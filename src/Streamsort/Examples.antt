-- ===== src/Streamsort/Examples.antt =====
-- Runs of the spill store over a database of lists, whose batch is full after every write.
use state_actor.Prelude.{
  ℕ, ◌*◌, ◌≤◌, ◌≡◌, refl, ap, arith, ◌↔◌, true, false, Option, none, some, List, [], ◌∷◌, ◌++◌,
  length,
}
use state_actor.Streamsort.{
  Pebble, Store, ok, fail, put_after_finalize, batch_flush_bytes, put, new_store, finalize_store,
  auto_finalize, get_value, iterate, add_reader,
}
use state_actor.Streamsort.Pull.{Cursor, Getter, new_cursor, new_getter}
use state_actor.Streamsort.Keys.{Entry, written, lookup, newest, from_key}
use state_actor.Streamsort.Contract.{Documented, has_entry, tail}
use state_actor.Streamsort.Reads.{put_all, visit, reads_after_puts}
use state_actor.Streamsort.Lookup.{cursor_walk, lookups, newest_of, pull_readers}
use state_actor.Streamsort.Calls.{Use, put_entry, get_key, open_cursor, use_all}
use state_actor.Streamsort.Lifecycle.{finalize_cached, sealed_reads}
use state_actor.Streamsort.Readers.{
  Shared, new_shared, Step, arrive, load, swap, Reach, here, then_step, number, is_checked,
  is_reading, checked, draining, closing,
}
use state_actor.Streamsort.Readers.Races.{closed_under_reader_iff, close_ends}

abbrev pub Rows : Type 0
Rows = List Entry

abbrev pub key_of : Rows → List ℕ
key_of [] = []
key_of (e ∷ es) = e.0

abbrev pub value_of : Rows → List ℕ
value_of [] = []
value_of (e ∷ es) = e.1

unfoldable pub list_pebble : Pebble Rows Rows (Rows × Rows)
unfolding lookup written from_key
list_pebble = record {
  new_batch = [];
  batch_set = λ b k v. (true, b ++ ((k, v) ∷ []));
  batch_len = λ b. length b * batch_flush_bytes;
  batch_commit = λ b d. (true, b, written b d);
  batch_reset = λ b. [];
  db_get = λ d k. some (lookup d k);
  db_new_iter = λ d. some (d, d);
  db_close = λ d. (true, d);
  iter_first = λ it. (it.0, it.0);
  iter_seek_ge = λ it k. (it.0, from_key k it.0);
  iter_valid = λ it. has_entry it.1;
  iter_next = λ it. (it.0, tail it.1);
  iter_key = λ it. key_of it.1;
  iter_value = λ it. value_of it.1;
  iter_error = λ it. false;
  iter_close = λ it. true;
}

pub list_pebble-Documented : Documented list_pebble (λ b. b) (λ d. d) (λ it. it.0) (λ it. it.1)
unfolding list_pebble
list_pebble-Documented = record {
  new_batch_empty = refl;
  set_done = λ b k v. refl;
  set_appends = λ b k v. refl;
  commit_done = λ b d. refl;
  commit_applies = λ b d. refl;
  reset_empties = λ b. refl;
  get_finds = λ d k. refl;
  iter_of = λ d. (d, d);
  iter_opens = λ d. refl;
  iter_entries = λ d. refl;
  first_rewinds = λ it. refl;
  seek_finds = λ it k. refl;
  seek_keeps = λ it k. refl;
  valid_iff = λ it. refl;
  next_moves = λ it. refl;
  entry_here = λ it e es h. ap (λ l. (key_of l, value_of l)) h;
  no_error = λ it. refl;
}

abbrev rows : Rows
rows = (7 ∷ [], 1 ∷ []) ∷ (3 ∷ [], 2 ∷ []) ∷ (7 ∷ [], 3 ∷ []) ∷ []

-- It collects the keys, and stops at a third.
abbrev two_keys : List (List ℕ) → List ℕ → List ℕ → Option ℕ × List (List ℕ)
two_keys [] k v = (none, k ∷ [])
two_keys (a ∷ []) k v = (none, a ∷ k ∷ [])
two_keys (a ∷ b ∷ ks) k v = (some 9, a ∷ b ∷ ks)

abbrev filled : Store Rows Rows
filled = (put_all list_pebble (new_store list_pebble []) rows).1

reads_after_puts_example :
    ((put_all list_pebble (new_store list_pebble []) rows).0 ≡ ok tt ∷ ok tt ∷ ok tt ∷ [])
    × ((get_value list_pebble filled (7 ∷ [])).0 ≡ ok (some (3 ∷ [])))
    × ((iterate list_pebble two_keys 5 filled []).0 ≡ some (ok tt, (3 ∷ []) ∷ (7 ∷ []) ∷ []))
unfolding newest visit written
reads_after_puts_example =
    reads_after_puts list_pebble (λ b. b) (λ d. d) (λ it. it.0) (λ it. it.1) list_pebble-Documented
      two_keys [] [] rows (7 ∷ []) 5 refl (omega arith)

pull_readers_example :
    ((g : Getter (Rows × Rows)) × (new_getter list_pebble filled
        ≡ (ok g, add_reader list_pebble (auto_finalize list_pebble filled).1))
      × (lookups list_pebble g ((4 ∷ []) ∷ (3 ∷ []) ∷ []) ≡ some (none ∷ some (2 ∷ []) ∷ [])))
    × ((c : Cursor (Rows × Rows)) × (new_cursor list_pebble filled
          ≡ (ok c, add_reader list_pebble (auto_finalize list_pebble filled).1))
        × (cursor_walk list_pebble 5 c ≡ some ((3 ∷ [], 2 ∷ []) ∷ (7 ∷ [], 3 ∷ []) ∷ [])))
unfolding newest newest_of written
pull_readers_example =
    pull_readers list_pebble (λ b. b) (λ d. d) (λ it. it.0) (λ it. it.1) list_pebble-Documented []
      rows ((4 ∷ []) ∷ (3 ∷ []) ∷ []) 5 refl (omega arith)

finalize_cached_example :
    let s = use_all list_pebble (finalize_store list_pebble filled).1 (get_key (3 ∷ []) ∷ []) in
    finalize_store list_pebble s ≡ (none, s)
unfolding put_all finalize_store new_store list_pebble
finalize_cached_example = finalize_cached list_pebble filled (get_key (3 ∷ []) ∷ []) refl

-- The store with one write, and what a lookup, a cursor and a write leave.
abbrev one_put : List Use
one_put = put_entry (3 ∷ []) (2 ∷ []) ∷ []

abbrev three_calls : List Use
three_calls = get_key (7 ∷ []) ∷ open_cursor ∷ put_entry (9 ∷ []) [] ∷ []

sealed_reads_example :
    let s =
      (finalize_store list_pebble (use_all list_pebble (new_store list_pebble []) one_put)).1 in
    let t = use_all list_pebble s three_calls in
    (put list_pebble t (3 ∷ []) [] ≡ (fail put_after_finalize, t))
    × ((get_value list_pebble t (3 ∷ [])).0 ≡ (get_value list_pebble s (3 ∷ [])).0)
unfolding use_all finalize_store new_store list_pebble
sealed_reads_example = sealed_reads list_pebble [] one_put three_calls (3 ∷ []) [] refl

abbrev shut_store : Store Rows Rows
shut_store = record {
  db = (3 ∷ [], 2 ∷ []) ∷ [];
  batch = [];
  finalized = false;
  finalize_once = false;
  finalize_err = none;
  readers = 0;
  closed = true;
}

-- One reader has seen an open store when `Close` sets its flag.
abbrev late_reader : Shared
late_reader = record {
  closed = true;
  readers = 0;
  db_closed = false;
  closer = draining;
  threads = checked ∷ [];
}

late_reader-Reach : Reach new_shared late_reader
late_reader-Reach = then_step (then_step (then_step here arrive) (load [] [] refl)) (swap refl)

closed_under_reader_iff_example :
    ((t : Shared) × Reach late_reader t × (t.db_closed ≡ true) × (1 ≤ number is_reading t.threads))
    ↔ (1 ≤ number is_checked late_reader.threads)
closed_under_reader_iff_example = closed_under_reader_iff late_reader late_reader-Reach refl

close_ends_example :
    ((t : Shared)
      → Step late_reader t
      → late_reader.closer ≡ draining
      → t.closer ≡ closing
      → number is_reading late_reader.threads ≡ 0)
    × ((t : Shared) × Reach late_reader t × (t.db_closed ≡ true))
close_ends_example = close_ends late_reader late_reader-Reach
────────────────
(Problem) At the line containing "abbrev three_calls : List Use", start copying. Continue exactly through the final line of the entries above and stop there.

(Result of this task)
abbrev three_calls : List Use
three_calls = get_key (7 ∷ []) ∷ open_cursor ∷ put_entry (9 ∷ []) [] ∷ []

sealed_reads_example :
    let s =
      (finalize_store list_pebble (use_all list_pebble (new_store list_pebble []) one_put)).1 in
    let t = use_all list_pebble s three_calls in
    (put list_pebble t (3 ∷ []) [] ≡ (fail put_after_finalize, t))
    × ((get_value list_pebble t (3 ∷ [])).0 ≡ (get_value list_pebble s (3 ∷ [])).0)
unfolding use_all finalize_store new_store list_pebble
sealed_reads_example = sealed_reads list_pebble [] one_put three_calls (3 ∷ []) [] refl

abbrev shut_store : Store Rows Rows
shut_store = record {
  db = (3 ∷ [], 2 ∷ []) ∷ [];
  batch = [];
  finalized = false;
  finalize_once = false;
  finalize_err = none;
  readers = 0;
  closed = true;
}

-- One reader has seen an open store when `Close` sets its flag.
abbrev late_reader : Shared
late_reader = record {
  closed = true;
  readers = 0;
  db_closed = false;
  closer = draining;
  threads = checked ∷ [];
}

late_reader-Reach : Reach new_shared late_reader
late_reader-Reach = then_step (then_step (then_step here arrive) (load [] [] refl)) (swap refl)

closed_under_reader_iff_example :
    ((t : Shared) × Reach late_reader t × (t.db_closed ≡ true) × (1 ≤ number is_reading t.threads))
    ↔ (1 ≤ number is_checked late_reader.threads)
closed_under_reader_iff_example = closed_under_reader_iff late_reader late_reader-Reach refl

close_ends_example :
    ((t : Shared)
      → Step late_reader t
      → late_reader.closer ≡ draining
      → t.closer ≡ closing
      → number is_reading late_reader.threads ≡ 0)
    × ((t : Shared) × Reach late_reader t × (t.db_closed ≡ true))
close_ends_example = close_ends late_reader late_reader-Reach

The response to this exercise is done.